Wednesday, February 17, 2010

Ok, Ok, NO! NO! Maybe.

I promise this post isn't as long as it looks.

Here’s something I don’t understand, right off the bat, when the bus driver tells everyone to be safe and gives a little talk, he wraps up by saying, “I hope you enjoy your ride.” I know this is a fairly typical thing to say but I think it deserves a bit of attention. Who sits on the bus thinking, “Woowee boy am I enjoying myself”? But all the same, I’m glad he pointed out that levels of fun could be had because I know that I distinctly did not enjoy myself and this can now be placed on a spectrum.

Before I got on the bus I decided to join the other people in line, who also got there early and want everyone to know that their decision was not only a good one but also beneficial. Usually I don’t do this because there really is no point, but this time I thought, “Fuck it, I’ll do it.” This meant that I got a window seat, which is awesome, and, unlike everyone else, I did not put my bag on the second seat because I already know—intuitively—that this would be a full bus. Do you realize that you always watch everyone file into the bus and think about who is going to sit next to you: “ok that one would be fine, ok, ok, ok, NO! NO! NO! Maybe.”

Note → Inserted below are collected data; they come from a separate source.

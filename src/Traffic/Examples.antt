-- ===== src/Traffic/Examples.antt =====
-- The rolling windows and the own transfers at concrete inputs.
use i_pulse.Base.{ℕ, pos, ◌≤◌, ◌≡◌, List, [], ◌∷◌, arith, keep_if, fresh}
use i_pulse.Traffic.Window.{entry_at, new_accumulator, totals, sum_rx}
use i_pulse.Traffic.Window.Laws.{Sample, add_all, entries_of, totals-add_all}
use i_pulse.Traffic.SelfTraffic.{Transfer, SelfTraffic, between}
use i_pulse.Traffic.SelfTraffic.Attribution.{total, between_bounded}

abbrev samples : List Sample
samples = (1, pos 100, pos 10) ∷ (5, pos 200, pos 20) ∷ (9, pos 300, pos 30) ∷ []

totals-add_all_example :
    (totals (add_all (new_accumulator (pos 5)) samples) 11).1.rx
    ≡ sum_rx (keep_if (fresh entry_at (new_accumulator (pos 5)).window 11) (entries_of samples))
totals-add_all_example =
    (totals-add_all (pos 5) samples 11 (omega arith, (omega arith, (omega arith, tt)))
      (omega arith)).0

abbrev probe : Transfer
probe = record { start = 4; end = 8; rx = 1000; tx = 50; reason = "speed test" }

-- All of the bytes, of an instance of the arithmetic.
abbrev whole_count : ℕ → ℕ → ℕ → ℕ
whole_count bytes part whole = bytes

abbrev one_probe : SelfTraffic
one_probe = record { windows = probe ∷ []; retained = 100 }

between_bounded_example : (between whole_count one_probe 2 6).0 ≤ (total (probe ∷ [])).0
between_bounded_example =
    (between_bounded whole_count (λ bytes part whole h k. omega arith) one_probe 2 6
      ((omega arith, omega arith, omega arith), tt)).0
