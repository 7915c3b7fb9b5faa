-- ===== src/Traffic/Sampler.antt =====
-- internal/traffic/sampler.go: counter readings turned into rates. Names are lists of bytes; a counter is
-- below 2 ^ 64, and the differences that may wrap are written out.
pub mod Deltas
pub mod Wanted
pub mod Readings
use i_pulse.Base.{
  ℕ, ℤ, pos, negsuc, pos_part, sub_ℕ, ltb_ℤ, leb_ℤ, ◌+◌, ◌-◌, ◌/◌, ◌%◌, ◌^◌, Bool, true, false, not,
  ◌&&◌, ◌||◌, List, [], ◌∷◌, ◌++◌, Option, none, some, ltb, leb, ◌==◌, if◌then◌else◌, length,
  Floats, Eq, get, put, retain,
}
use i_pulse.Util.Stats.{nought}
use i_pulse.Util.Glob.{same, matches_any_glob}
use i_pulse.Util.Glob.Occurrences.{same_iff}
use i_pulse.Traffic.SelfTraffic.{SelfTraffic, between, active}

instance abbrev pub bytes_eq : Eq (List ℕ)
bytes_eq = record { beq = same; beq_iff = same_iff }

pub record Counters : Type 0 where
  pub rx_bytes : ℕ
  pub tx_bytes : ℕ
  pub rx_packets : ℕ
  pub tx_packets : ℕ
  pub rx_errors : ℕ
  pub tx_errors : ℕ
  pub rx_dropped : ℕ
  pub tx_dropped : ℕ

-- What the sampler reads of `platform.Interface`.
pub record Interface : Type 0 where
  pub name : List ℕ
  pub type : List ℕ
  pub counters : Counters

module _ (F : Type 0) where
  pub record Sample : Type 0 where
    pub time : ℕ
    pub interface : List ℕ
    pub type : List ℕ
    pub interval : ℤ
    pub counters : Counters
    pub rx_delta : ℤ
    pub tx_delta : ℤ
    pub errors_delta : ℤ
    pub dropped_delta : ℤ
    pub rx_bps : F
    pub tx_bps : F
    pub self_rx_bps : F
    pub self_tx_bps : F
    pub self_active : Bool
    pub reset : Bool

pub record Config : Type 0 where
  pub include : List (List ℕ)
  pub exclude : List (List ℕ)
  pub exclude_self : Bool

module _ (F : Type 0) where
  pub record Sampler : Type 0 where
    pub cfg : Config
    pub self : Option SelfTraffic
    pub prev : List (List ℕ × Sample F)

-- `int64(x)` of a 64-bit number.
abbrev pub int64 : ℕ → ℤ
int64 x = if ltb x (2 ^ 63) then pos x else negsuc (2 ^ 64 - x - 1)

-- `int64(a1+a2) - int64(b1+b2)`, all in 64 bits.
abbrev pub sum_diff : ℕ → ℕ → ℕ → ℕ → ℤ
sum_diff a1 a2 b1 b2 = int64 (((a1 + a2) % 2 ^ 64 + 2 ^ 64 - (b1 + b2) % 2 ^ 64) % 2 ^ 64)

abbrev pub went_back : Counters → Counters → Bool
went_back c p = ltb c.rx_bytes p.rx_bytes || ltb c.tx_bytes p.tx_bytes

abbrev loopback : List ℕ
loopback = b'l' ∷ b'o' ∷ b'o' ∷ b'p' ∷ b'b' ∷ b'a' ∷ b'c' ∷ b'k' ∷ []

-- `IsLoopback`
abbrev pub is_loopback : Interface → Bool
is_loopback iface = same iface.type loopback

module _ (lower : List ℕ → List ℕ) where
  -- `monitored`
  unfoldable pub monitored : Config → Interface → Bool
  monitored cfg iface =
      if is_loopback iface
      then false
      else if ltb 0 (length cfg.include)
      then matches_any_glob lower cfg.include iface.name
      else if matches_any_glob lower cfg.exclude iface.name
      then false
      else true

  -- `seen`
  unfoldable pub seen : Config → List Interface → List ℕ → Bool
  seen cfg [] name = false
  seen cfg (iface ∷ rest) name = monitored cfg iface && same iface.name name || seen cfg rest name

module _ {F : Type 0} ⦃fl : Floats F⦄ where
  -- `Usable`
  unfoldable pub usable : Sample F → Bool
  usable s = not s.reset && ltb_ℤ (pos 0) s.interval

  unfoldable pub new_sampler : Config → Option SelfTraffic → Sampler F
  new_sampler cfg self = record { cfg = cfg; self = self; prev = [] }

  abbrev pub reading : Interface → ℕ → Sample F
  reading iface now = record {
    time = now;
    interface = iface.name;
    type = iface.type;
    interval = pos 0;
    counters = iface.counters;
    rx_delta = pos 0;
    tx_delta = pos 0;
    errors_delta = pos 0;
    dropped_delta = pos 0;
    rx_bps = nought;
    tx_bps = nought;
    self_rx_bps = nought;
    self_tx_bps = nought;
    self_active = false;
    reset = false;
  }

  -- `Seconds` of a positive duration.
  abbrev seconds : ℕ → F
  seconds d =
      fl.add (fl.of_count (d / 1_000_000_000))
        (fl.div (fl.of_count (d % 1_000_000_000)) (fl.decimal 1_000_000_000 0))

  -- `float64(n)` of an int64.
  abbrev of_int : ℤ → F
  of_int (pos n) = fl.of_count n
  of_int (negsuc n) = fl.neg (fl.of_count (n + 1))

  abbrev bits : ℤ → F
  bits n = fl.mul (of_int n) (fl.decimal 8 0)

  -- `math.Max(0, x)`
  abbrev at_least_nought : F → F
  at_least_nought x = if fl.is_nan x || fl.lt nought x then x else nought

  abbrev pub timed : Sample F → Sample F → Sample F
  timed prev cur = record cur { interval = sub_ℕ cur.time prev.time }

  abbrev pub measured : Sample F → Sample F → Sample F
  measured prev cur =
      let c = cur.counters in
      let p = prev.counters in
      record cur {
        rx_delta = int64 (c.rx_bytes - p.rx_bytes);
        tx_delta = int64 (c.tx_bytes - p.tx_bytes);
        errors_delta = sum_diff c.rx_errors c.tx_errors p.rx_errors p.tx_errors;
        dropped_delta = sum_diff c.rx_dropped c.tx_dropped p.rx_dropped p.tx_dropped;
      }

  module _ (scale : ℕ → ℕ → ℕ → ℕ) where
    -- The rates of a sample since an instant, over an interval of some length.
    abbrev with_rates : Bool → Option SelfTraffic → ℕ → ℕ → Sample F → Sample F
    with_rates exclude none from length cur = record cur {
      rx_bps = fl.div (bits cur.rx_delta) (seconds length);
      tx_bps = fl.div (bits cur.tx_delta) (seconds length);
    }
    with_rates false (some self) from length cur = record cur {
      rx_bps = fl.div (bits cur.rx_delta) (seconds length);
      tx_bps = fl.div (bits cur.tx_delta) (seconds length);
    }
    with_rates true (some self) from length cur =
        let own = between scale self from cur.time in
        record cur {
          self_rx_bps = fl.div (bits (pos own.0)) (seconds length);
          self_tx_bps = fl.div (bits (pos own.1)) (seconds length);
          self_active = active self from cur.time;
          rx_bps =
              fl.div (at_least_nought (fl.sub (bits cur.rx_delta) (bits (pos own.0))))
                (seconds length);
          tx_bps =
              fl.div (at_least_nought (fl.sub (bits cur.tx_delta) (bits (pos own.1))))
                (seconds length);
        }

    -- The sample of an interface, against its previous reading.
    unfoldable pub compare : Config → Option SelfTraffic → Sample F → Sample F → Option (Sample F)
    compare cfg self prev read =
        let cur = timed prev read in
        if leb_ℤ cur.interval (pos 0)
        then none
        else if went_back cur.counters prev.counters
        then some (record cur { reset = true })
        else some
            (with_rates cfg.exclude_self self prev.time (pos_part cur.interval) (measured prev cur))

    abbrev pub tell : Option (Sample F) → List (Sample F) → List (Sample F)
    tell none out = out
    tell (some s) out = s ∷ out

    abbrev pub against :
        Config → Option SelfTraffic → Option (Sample F) → Sample F → Option (Sample F)
    against cfg self none cur = none
    against cfg self (some prev) cur = compare cfg self prev cur

    -- The loop of `Sample` over the interfaces, with the readings that it keeps.
    unfoldable pub sample_all :
        (List ℕ → List ℕ)
        → Config
        → Option SelfTraffic
        → ℕ
        → List (List ℕ × Sample F)
        → List Interface
        → List (List ℕ × Sample F) × List (Sample F)
    sample_all lower cfg self now held [] = (held, [])
    sample_all lower cfg self now held (iface ∷ rest) =
        let cur = reading iface now in
        let skipped = sample_all lower cfg self now held rest in
        let taken = sample_all lower cfg self now (put iface.name cur held) rest in
        if monitored lower cfg iface
        then (taken.0, tell (against cfg self (get iface.name held) cur) taken.1)
        else skipped

    -- `Sample`
    unfoldable pub sample :
        (List ℕ → List ℕ) → Sampler F → List Interface → ℕ → Sampler F × List (Sample F)
    sample lower s ifaces now =
        let (held, out) = sample_all lower s.cfg s.self now s.prev ifaces in
        (record s { prev = retain (λ name x. seen lower s.cfg ifaces name) held }, out)

  -- `Primary`
  unfoldable pub primary : List (Sample F) → List ℕ → Option (Sample F)
  primary [] name = none
  primary (s ∷ rest) name = if same s.interface name then some s else primary rest name

  abbrev total_bps : Sample F → F
  total_bps s = fl.add s.rx_bps s.tx_bps

  abbrev busier : Option (Sample F) → Sample F → Bool
  busier none s = true
  busier (some best) s = fl.lt (total_bps best) (total_bps s)

  -- `Busiest`, from the best so far.
  unfoldable pub busiest : Option (Sample F) → List (Sample F) → Option (Sample F)
  busiest best [] = best
  busiest best (s ∷ rest) = busiest (if usable s && busier best s then some s else best) rest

I actually think there something worse than someone’s ass squishing over the armrest into your seat: the eater. Why do people think it’s ok to get, like, spicy chicken curry before they get on the bus? Hey, guess what? It’s fucking not; because, as your sitting three seats over stuffing your face, the smell comes over to my elephantine partner and I, and we don’t like it.

So there’s that person, and then there’s also this person, I won’t even preface it.

Hey! How are you? Yeah, I’m just on the bus. Yeaaah. I’m like really bored. We’re stuck in traffic so I thought I’d call you because I have nothing else to do.

Thanks friend! Because I also have nothing else to do but I am so thrilled that you just called your friends so I can listen to your conversation like a book on tape. That’s right, I’m on the bus too! I know, its hard to remember, but I really appreciate you including me on your conversation.

The real-life conversation I actually heard continued like this....

Ya me and Sarah [chick sitting next to her] are so bored we started having a conversation about like a random word that we picked. So she picked the word “telephone” and then we talked about the telephone.

Ok, this slut is having a conversation on the phone about having a conversation about the phone. This was real. This is really the kind of shit I listened to on the bus yesterday. Unfortunately, her intriguing conversation was cut short when the bus stopped at Arby’s and everyone got out to buy food and talk about the bus.